■ Your instructions:
Please copy out all lines of the entries that contain the word "Prelude".

*** Opening Data to examine ***

-- ===== src/Redislock/System/Lost.antt =====
-- A key of the local queue of redislock/manager.go that no call owns any more.
use go_infra.Prelude.{ℕ, Bool, false, ◌≡◌, refl, arith}
use go_infra.Prelude.Text.{Text, text_eq_iff}
use go_infra.Redislock.Queue.Laws.{View, view}
use go_infra.Redislock.System.{Pc, System, update, pick, init, Reach, here, later}
use go_infra.Redislock.System.Steps.{
  Acts, a_takes, a_misses, a_queues, a_granted, a_cancelled, a_leaves, a_frees, a_hands_over,
  a_closes, Move-Acts,
}
use go_infra.Redislock.System.Slots.{
  waiters_of, is_free, owns, is_in-append, spec_remove_waiter_lem,
}
use go_infra.Redislock.System.Invariant.{Inv}
use go_infra.Redislock.System.Safety.{init-Inv, Reach-Inv}

-- A taken key that no call owns.
abbrev pub IsLost : Text → System → Type 0
IsLost k s =
    (is_free (view k s.queue) ≡ false)
    × ((i : ℕ) → owns k (waiters_of (view k s.queue)) i (s.pc i) ≡ false)

module _ {v v' : Text → View} {closed : ℕ → Bool} {pc : ℕ → Pc} (inv : Inv v closed pc)
    (i : ℕ) where
  open inv use {queued, simple, unclosed}

  Acts-lost :
      {closed' : ℕ → Bool} {p p' : Pc}
      → Acts i v v' closed p closed' p'
      → pc i ≡ p
      → (n : Text) → is_free (v n) ≡ false
      → ((a : ℕ) → owns n (waiters_of (v n)) a (pc a) ≡ false)
      → (is_free (v' n) ≡ false)
        × ((a : ℕ) → owns n (waiters_of (v' n)) a (update pc i p' a) ≡ false)
  Acts-lost (a_takes k f e) h n b o =
      (ground (arith, e n, text_eq_iff k n), λ a. ground (arith, e n, o a, text_eq_iff k n))
  Acts-lost (a_misses e) h n b o = (rw (e n) b, λ a. ground (arith, e n, o a))
  Acts-lost (a_queues k ws w e) h n b o = (
    ground (arith, e n, text_eq_iff k n),
    λ a. ground (arith, e n, o a, text_eq_iff k n, is_in-append a i ws),
  )
  Acts-lost (a_granted {k} c e) h n b o =
      (rw (e n) b, λ a. ground (arith, e n, o a, o i, unclosed n i))
  Acts-lost (a_cancelled e) h n b o = (rw (e n) b, λ a. ground (arith, e n, o a))
  Acts-lost (a_leaves {k} e) h n b o = (
    ground (arith, e n, text_eq_iff k n, spec_remove_waiter_lem i i (v k) (simple k)),
    λ a. ground (arith, e n, o a, text_eq_iff k n, spec_remove_waiter_lem a i (v k) (simple k)),
  )
  Acts-lost (a_frees {k} f e) h n b o =
      (ground (arith, e n, o i), λ a. ground (arith, e n, o a, o i))
  Acts-lost (a_hands_over {k} {c} ws w e) h n b o =
      (ground (arith, e n, o i), λ a. ground (arith, e n, o a, o i))
  Acts-lost (a_closes e) h n b o = (rw (e n) b, λ a. ground (arith, e n, o a))

-- In a state that is reached, a key that is taken and that no call owns is never given to anybody
-- again: it stays taken and without an owner, whatever steps follow.
pub abandoned_forever :
    {s t : System} → Reach init s → (k : Text) → IsLost k s → Reach s t → IsLost k t
abandoned_forever r k lost here = lost
abandoned_forever r k lost (later {t} r' (pick i mv)) =
    let before = abandoned_forever r k lost r' in
    let (tidy, inv) = Reach-Inv (Reach-Inv init-Inv r) r' in
    Acts-lost inv i (Move-Acts i t.queue tidy mv).0 refl k before.0 before.1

*** Closing Data to examine ***

■ Written solution:
use go_infra.Prelude.{ℕ, Bool, false, ◌≡◌, refl, arith}
use go_infra.Prelude.Text.{Text, text_eq_iff}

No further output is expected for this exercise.